Records from a data collection
================

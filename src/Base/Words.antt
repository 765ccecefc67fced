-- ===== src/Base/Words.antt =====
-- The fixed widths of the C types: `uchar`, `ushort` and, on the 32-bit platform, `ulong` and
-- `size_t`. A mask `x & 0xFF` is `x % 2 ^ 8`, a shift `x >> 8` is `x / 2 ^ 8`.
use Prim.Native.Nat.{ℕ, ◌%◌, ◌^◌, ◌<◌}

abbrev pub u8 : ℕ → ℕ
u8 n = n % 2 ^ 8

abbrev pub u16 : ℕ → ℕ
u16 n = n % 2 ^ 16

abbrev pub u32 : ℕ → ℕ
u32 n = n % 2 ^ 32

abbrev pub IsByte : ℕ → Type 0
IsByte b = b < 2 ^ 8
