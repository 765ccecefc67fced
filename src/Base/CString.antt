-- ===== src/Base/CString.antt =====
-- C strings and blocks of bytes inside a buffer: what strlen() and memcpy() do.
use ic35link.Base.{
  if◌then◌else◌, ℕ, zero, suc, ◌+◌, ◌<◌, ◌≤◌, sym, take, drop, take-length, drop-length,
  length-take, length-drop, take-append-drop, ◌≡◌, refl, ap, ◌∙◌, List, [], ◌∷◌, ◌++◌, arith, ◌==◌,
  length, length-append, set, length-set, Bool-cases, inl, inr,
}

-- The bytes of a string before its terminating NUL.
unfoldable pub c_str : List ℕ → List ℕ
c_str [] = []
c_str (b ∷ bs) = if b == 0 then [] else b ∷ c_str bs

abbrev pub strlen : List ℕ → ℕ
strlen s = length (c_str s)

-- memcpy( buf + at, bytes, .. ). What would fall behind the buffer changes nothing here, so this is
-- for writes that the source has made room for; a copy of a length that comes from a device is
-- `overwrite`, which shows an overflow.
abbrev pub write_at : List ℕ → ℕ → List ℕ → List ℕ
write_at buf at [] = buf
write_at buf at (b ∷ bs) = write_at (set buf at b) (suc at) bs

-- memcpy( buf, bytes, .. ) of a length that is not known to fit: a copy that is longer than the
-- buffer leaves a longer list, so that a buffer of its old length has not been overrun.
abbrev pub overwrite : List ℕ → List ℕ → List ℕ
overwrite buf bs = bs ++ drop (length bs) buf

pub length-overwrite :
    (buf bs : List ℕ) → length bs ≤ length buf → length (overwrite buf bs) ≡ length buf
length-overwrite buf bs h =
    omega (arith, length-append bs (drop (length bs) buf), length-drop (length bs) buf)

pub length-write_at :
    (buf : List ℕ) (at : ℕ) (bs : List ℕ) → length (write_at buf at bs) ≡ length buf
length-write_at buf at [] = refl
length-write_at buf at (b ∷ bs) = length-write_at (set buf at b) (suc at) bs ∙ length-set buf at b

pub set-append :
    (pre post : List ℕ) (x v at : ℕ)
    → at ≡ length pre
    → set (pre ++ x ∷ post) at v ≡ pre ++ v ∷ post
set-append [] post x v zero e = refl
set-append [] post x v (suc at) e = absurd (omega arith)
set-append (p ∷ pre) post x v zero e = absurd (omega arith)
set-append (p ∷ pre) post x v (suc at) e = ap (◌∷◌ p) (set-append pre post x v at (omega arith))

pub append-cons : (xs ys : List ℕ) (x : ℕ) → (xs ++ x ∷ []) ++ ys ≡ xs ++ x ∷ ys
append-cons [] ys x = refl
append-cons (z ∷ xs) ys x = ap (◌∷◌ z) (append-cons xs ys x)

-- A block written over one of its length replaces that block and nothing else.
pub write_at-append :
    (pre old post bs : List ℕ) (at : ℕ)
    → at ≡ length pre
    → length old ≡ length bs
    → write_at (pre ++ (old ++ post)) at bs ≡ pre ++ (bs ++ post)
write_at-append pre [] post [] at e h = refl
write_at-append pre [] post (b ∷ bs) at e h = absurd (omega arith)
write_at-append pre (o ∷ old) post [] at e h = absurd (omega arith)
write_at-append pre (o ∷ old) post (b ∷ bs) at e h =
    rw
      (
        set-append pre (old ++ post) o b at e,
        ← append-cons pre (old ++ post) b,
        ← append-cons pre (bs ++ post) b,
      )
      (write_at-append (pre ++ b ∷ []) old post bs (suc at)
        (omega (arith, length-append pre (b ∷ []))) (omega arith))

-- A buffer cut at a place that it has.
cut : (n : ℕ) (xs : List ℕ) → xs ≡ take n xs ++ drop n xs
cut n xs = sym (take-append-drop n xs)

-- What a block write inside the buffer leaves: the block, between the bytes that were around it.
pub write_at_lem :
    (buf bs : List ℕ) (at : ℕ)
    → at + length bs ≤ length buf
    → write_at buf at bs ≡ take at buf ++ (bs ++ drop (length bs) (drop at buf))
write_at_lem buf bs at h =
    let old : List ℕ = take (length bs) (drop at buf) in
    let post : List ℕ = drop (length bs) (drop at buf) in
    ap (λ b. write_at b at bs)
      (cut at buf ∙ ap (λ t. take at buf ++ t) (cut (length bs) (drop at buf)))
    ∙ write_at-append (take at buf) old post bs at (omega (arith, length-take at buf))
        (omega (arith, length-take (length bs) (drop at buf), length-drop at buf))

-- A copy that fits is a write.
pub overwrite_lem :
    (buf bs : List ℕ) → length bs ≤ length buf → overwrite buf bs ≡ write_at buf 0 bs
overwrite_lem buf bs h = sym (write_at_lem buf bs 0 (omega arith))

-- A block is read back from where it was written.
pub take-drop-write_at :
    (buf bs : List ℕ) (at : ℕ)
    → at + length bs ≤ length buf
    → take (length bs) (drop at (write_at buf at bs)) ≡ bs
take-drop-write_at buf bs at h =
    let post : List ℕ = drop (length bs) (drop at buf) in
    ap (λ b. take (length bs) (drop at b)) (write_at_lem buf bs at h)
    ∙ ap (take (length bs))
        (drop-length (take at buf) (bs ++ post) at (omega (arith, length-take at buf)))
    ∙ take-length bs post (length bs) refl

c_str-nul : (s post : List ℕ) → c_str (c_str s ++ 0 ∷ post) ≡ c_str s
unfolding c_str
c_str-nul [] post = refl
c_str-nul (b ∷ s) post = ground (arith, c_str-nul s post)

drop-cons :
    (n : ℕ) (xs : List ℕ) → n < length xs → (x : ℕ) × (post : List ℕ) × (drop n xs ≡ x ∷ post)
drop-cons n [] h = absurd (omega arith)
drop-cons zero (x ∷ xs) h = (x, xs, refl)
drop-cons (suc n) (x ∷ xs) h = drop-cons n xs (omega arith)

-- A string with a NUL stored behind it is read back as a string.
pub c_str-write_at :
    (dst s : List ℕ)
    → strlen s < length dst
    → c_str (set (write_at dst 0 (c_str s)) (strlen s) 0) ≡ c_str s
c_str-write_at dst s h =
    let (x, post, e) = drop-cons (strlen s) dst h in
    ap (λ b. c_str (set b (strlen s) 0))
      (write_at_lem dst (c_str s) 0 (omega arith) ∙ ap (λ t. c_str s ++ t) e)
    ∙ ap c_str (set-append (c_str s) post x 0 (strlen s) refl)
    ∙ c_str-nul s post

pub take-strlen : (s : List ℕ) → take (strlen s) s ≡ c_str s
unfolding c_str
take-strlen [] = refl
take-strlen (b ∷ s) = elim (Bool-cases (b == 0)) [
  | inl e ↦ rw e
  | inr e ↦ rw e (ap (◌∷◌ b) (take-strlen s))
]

================

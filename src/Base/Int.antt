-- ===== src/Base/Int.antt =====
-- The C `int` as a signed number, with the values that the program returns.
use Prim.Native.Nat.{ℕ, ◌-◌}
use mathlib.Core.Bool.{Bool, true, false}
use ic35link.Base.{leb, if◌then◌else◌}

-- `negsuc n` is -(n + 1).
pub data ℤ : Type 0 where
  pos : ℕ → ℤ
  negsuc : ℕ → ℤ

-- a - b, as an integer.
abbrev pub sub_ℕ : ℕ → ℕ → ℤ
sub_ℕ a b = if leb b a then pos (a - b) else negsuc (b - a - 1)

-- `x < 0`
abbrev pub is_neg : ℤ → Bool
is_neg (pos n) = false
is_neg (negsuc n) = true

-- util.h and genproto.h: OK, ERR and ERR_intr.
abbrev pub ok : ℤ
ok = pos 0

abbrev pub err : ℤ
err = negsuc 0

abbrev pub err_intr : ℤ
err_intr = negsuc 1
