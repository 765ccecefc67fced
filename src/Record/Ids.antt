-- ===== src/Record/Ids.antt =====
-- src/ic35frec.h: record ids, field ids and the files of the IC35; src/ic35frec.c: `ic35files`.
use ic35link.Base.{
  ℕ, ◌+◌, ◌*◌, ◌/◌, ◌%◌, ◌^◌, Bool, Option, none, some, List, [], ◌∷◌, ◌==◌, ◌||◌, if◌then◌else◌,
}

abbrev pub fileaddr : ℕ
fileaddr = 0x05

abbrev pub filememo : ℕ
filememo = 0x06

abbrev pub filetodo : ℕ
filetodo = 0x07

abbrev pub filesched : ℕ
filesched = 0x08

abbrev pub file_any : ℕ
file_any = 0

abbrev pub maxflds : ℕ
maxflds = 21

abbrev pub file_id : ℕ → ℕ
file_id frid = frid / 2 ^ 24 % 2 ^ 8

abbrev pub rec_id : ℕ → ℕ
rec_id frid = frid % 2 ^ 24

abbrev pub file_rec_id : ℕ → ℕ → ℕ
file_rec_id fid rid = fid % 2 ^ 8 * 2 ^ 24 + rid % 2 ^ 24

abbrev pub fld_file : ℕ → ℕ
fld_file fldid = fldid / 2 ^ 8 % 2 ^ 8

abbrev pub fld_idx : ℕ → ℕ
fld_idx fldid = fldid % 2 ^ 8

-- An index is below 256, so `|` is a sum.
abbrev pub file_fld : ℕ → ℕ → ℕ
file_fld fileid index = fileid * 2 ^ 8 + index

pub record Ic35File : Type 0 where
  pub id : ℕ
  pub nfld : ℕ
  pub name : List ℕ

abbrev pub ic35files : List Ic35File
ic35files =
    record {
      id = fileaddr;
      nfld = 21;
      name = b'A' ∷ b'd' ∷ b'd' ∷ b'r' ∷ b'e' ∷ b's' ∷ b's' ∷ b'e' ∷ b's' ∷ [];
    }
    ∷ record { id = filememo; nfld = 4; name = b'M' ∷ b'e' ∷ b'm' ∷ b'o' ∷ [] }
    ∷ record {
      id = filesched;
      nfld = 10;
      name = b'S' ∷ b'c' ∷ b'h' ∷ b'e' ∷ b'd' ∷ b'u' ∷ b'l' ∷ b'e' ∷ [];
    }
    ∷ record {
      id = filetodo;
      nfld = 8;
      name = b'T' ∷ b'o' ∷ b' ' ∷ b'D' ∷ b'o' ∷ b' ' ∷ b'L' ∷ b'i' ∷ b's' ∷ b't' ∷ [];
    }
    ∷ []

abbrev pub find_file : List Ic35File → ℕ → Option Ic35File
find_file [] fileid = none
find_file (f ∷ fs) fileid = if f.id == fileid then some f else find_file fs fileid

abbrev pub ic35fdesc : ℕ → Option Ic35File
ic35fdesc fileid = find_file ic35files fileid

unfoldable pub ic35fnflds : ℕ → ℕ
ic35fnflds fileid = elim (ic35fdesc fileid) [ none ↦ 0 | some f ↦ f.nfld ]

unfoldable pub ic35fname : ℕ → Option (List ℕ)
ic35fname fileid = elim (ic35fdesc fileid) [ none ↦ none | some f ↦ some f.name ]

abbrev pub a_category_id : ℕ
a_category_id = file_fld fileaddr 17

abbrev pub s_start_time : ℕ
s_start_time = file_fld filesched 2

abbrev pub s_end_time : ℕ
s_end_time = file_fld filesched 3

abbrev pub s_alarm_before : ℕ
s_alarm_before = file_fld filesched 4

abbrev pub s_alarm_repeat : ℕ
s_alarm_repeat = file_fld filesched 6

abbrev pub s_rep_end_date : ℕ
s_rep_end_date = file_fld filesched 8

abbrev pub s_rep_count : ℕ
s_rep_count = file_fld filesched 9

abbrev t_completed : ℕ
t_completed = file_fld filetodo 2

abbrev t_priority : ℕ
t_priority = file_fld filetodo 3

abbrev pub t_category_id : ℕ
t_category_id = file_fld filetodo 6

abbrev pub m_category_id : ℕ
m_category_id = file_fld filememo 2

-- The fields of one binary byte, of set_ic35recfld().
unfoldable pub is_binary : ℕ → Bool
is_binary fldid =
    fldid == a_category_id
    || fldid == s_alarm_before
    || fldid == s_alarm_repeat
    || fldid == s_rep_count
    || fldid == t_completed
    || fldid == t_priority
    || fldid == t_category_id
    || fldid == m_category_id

================

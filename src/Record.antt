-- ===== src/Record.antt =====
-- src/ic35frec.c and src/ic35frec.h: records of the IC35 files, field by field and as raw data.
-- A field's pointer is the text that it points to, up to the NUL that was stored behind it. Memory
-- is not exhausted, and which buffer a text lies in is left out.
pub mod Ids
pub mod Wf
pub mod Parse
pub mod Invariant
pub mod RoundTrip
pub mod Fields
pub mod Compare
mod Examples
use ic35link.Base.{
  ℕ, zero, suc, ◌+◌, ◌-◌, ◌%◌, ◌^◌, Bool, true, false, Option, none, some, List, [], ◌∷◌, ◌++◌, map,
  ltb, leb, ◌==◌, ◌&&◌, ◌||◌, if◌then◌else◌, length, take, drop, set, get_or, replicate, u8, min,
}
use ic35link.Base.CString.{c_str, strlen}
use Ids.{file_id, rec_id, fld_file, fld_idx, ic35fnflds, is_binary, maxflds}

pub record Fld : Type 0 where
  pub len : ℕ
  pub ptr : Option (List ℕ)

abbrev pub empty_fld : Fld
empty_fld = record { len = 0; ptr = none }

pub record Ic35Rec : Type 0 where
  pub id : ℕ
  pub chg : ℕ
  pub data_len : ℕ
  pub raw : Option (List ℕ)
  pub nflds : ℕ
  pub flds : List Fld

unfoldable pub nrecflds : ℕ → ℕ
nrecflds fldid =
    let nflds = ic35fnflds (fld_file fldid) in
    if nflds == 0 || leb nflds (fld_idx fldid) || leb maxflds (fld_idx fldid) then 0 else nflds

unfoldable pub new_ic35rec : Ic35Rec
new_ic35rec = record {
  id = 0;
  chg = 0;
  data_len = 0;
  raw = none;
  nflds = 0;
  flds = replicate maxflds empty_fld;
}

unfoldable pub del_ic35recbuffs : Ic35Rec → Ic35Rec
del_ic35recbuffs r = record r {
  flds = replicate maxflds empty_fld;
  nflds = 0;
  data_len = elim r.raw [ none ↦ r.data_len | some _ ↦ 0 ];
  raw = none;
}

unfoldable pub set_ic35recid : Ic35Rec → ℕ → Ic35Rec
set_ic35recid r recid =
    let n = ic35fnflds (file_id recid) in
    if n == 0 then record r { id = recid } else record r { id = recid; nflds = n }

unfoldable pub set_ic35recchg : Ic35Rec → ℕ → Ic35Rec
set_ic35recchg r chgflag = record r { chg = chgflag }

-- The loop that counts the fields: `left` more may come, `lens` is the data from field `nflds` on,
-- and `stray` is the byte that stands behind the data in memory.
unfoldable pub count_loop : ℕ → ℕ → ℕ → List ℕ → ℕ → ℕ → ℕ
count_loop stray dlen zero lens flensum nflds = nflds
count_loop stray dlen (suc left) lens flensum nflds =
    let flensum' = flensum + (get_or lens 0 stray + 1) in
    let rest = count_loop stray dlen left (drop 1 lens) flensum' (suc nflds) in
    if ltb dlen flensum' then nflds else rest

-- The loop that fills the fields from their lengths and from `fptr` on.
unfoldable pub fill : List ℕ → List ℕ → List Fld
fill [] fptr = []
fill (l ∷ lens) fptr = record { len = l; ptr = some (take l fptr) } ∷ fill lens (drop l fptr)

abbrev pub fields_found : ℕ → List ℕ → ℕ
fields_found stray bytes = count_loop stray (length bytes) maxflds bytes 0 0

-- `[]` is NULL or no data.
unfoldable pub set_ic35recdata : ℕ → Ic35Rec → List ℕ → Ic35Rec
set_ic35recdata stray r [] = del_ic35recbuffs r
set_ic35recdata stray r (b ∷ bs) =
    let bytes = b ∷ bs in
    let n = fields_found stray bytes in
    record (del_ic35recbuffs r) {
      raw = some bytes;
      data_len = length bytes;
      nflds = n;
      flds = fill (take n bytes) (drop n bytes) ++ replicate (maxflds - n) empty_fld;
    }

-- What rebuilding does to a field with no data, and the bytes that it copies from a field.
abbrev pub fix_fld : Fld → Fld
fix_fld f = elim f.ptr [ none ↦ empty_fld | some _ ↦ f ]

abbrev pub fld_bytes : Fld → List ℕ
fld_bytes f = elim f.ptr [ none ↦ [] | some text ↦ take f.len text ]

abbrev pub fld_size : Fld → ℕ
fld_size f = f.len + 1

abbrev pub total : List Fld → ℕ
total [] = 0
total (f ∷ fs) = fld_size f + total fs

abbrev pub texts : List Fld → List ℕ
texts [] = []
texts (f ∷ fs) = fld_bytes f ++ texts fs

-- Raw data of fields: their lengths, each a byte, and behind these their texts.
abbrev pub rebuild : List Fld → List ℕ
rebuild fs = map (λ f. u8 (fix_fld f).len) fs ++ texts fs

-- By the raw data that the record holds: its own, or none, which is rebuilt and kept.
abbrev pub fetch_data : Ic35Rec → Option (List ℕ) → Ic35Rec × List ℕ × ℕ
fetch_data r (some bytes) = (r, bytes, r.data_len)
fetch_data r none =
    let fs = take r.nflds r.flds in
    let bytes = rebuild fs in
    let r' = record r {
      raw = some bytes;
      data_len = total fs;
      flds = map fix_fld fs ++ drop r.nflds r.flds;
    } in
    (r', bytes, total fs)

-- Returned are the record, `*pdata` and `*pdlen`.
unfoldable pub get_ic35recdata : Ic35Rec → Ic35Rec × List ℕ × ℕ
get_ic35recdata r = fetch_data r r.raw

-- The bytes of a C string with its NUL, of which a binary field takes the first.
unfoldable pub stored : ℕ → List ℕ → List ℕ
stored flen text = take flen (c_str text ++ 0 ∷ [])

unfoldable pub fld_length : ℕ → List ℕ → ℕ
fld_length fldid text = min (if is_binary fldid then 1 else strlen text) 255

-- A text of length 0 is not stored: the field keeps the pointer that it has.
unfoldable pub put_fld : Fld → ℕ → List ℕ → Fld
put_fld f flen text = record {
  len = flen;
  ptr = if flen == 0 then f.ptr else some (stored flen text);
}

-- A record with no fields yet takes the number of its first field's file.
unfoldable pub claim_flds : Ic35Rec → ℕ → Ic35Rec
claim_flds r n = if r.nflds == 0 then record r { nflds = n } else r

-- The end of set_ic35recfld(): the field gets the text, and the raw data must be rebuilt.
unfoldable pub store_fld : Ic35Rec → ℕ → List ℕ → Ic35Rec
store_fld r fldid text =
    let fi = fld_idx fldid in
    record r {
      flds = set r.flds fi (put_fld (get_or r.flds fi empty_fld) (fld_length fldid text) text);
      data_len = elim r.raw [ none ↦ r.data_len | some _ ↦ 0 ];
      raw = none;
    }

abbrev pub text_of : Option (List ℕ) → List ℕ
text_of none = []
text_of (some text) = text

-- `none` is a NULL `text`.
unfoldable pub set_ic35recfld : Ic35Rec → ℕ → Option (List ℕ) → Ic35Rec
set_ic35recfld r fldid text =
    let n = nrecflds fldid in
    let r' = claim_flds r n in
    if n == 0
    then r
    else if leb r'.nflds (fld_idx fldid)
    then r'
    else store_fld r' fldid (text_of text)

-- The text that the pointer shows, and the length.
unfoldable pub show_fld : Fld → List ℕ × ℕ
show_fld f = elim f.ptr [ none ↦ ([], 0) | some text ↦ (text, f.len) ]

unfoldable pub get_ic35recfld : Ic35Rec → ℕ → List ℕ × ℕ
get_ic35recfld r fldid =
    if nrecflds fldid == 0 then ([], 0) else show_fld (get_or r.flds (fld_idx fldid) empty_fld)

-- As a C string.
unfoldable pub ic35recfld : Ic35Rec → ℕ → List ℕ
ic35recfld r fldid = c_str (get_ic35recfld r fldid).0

================

EXERCISE PROMPT: Check each line above for the string "left", then copy the ones that have it.

YOUR RESPONSE:
-- is not exhausted, and which buffer a text lies in is left out.
-- The loop that counts the fields: `left` more may come, `lens` is the data from field `nflds` on,
count_loop stray dlen (suc left) lens flensum nflds =
    let rest = count_loop stray dlen left (drop 1 lens) flensum' (suc nflds) in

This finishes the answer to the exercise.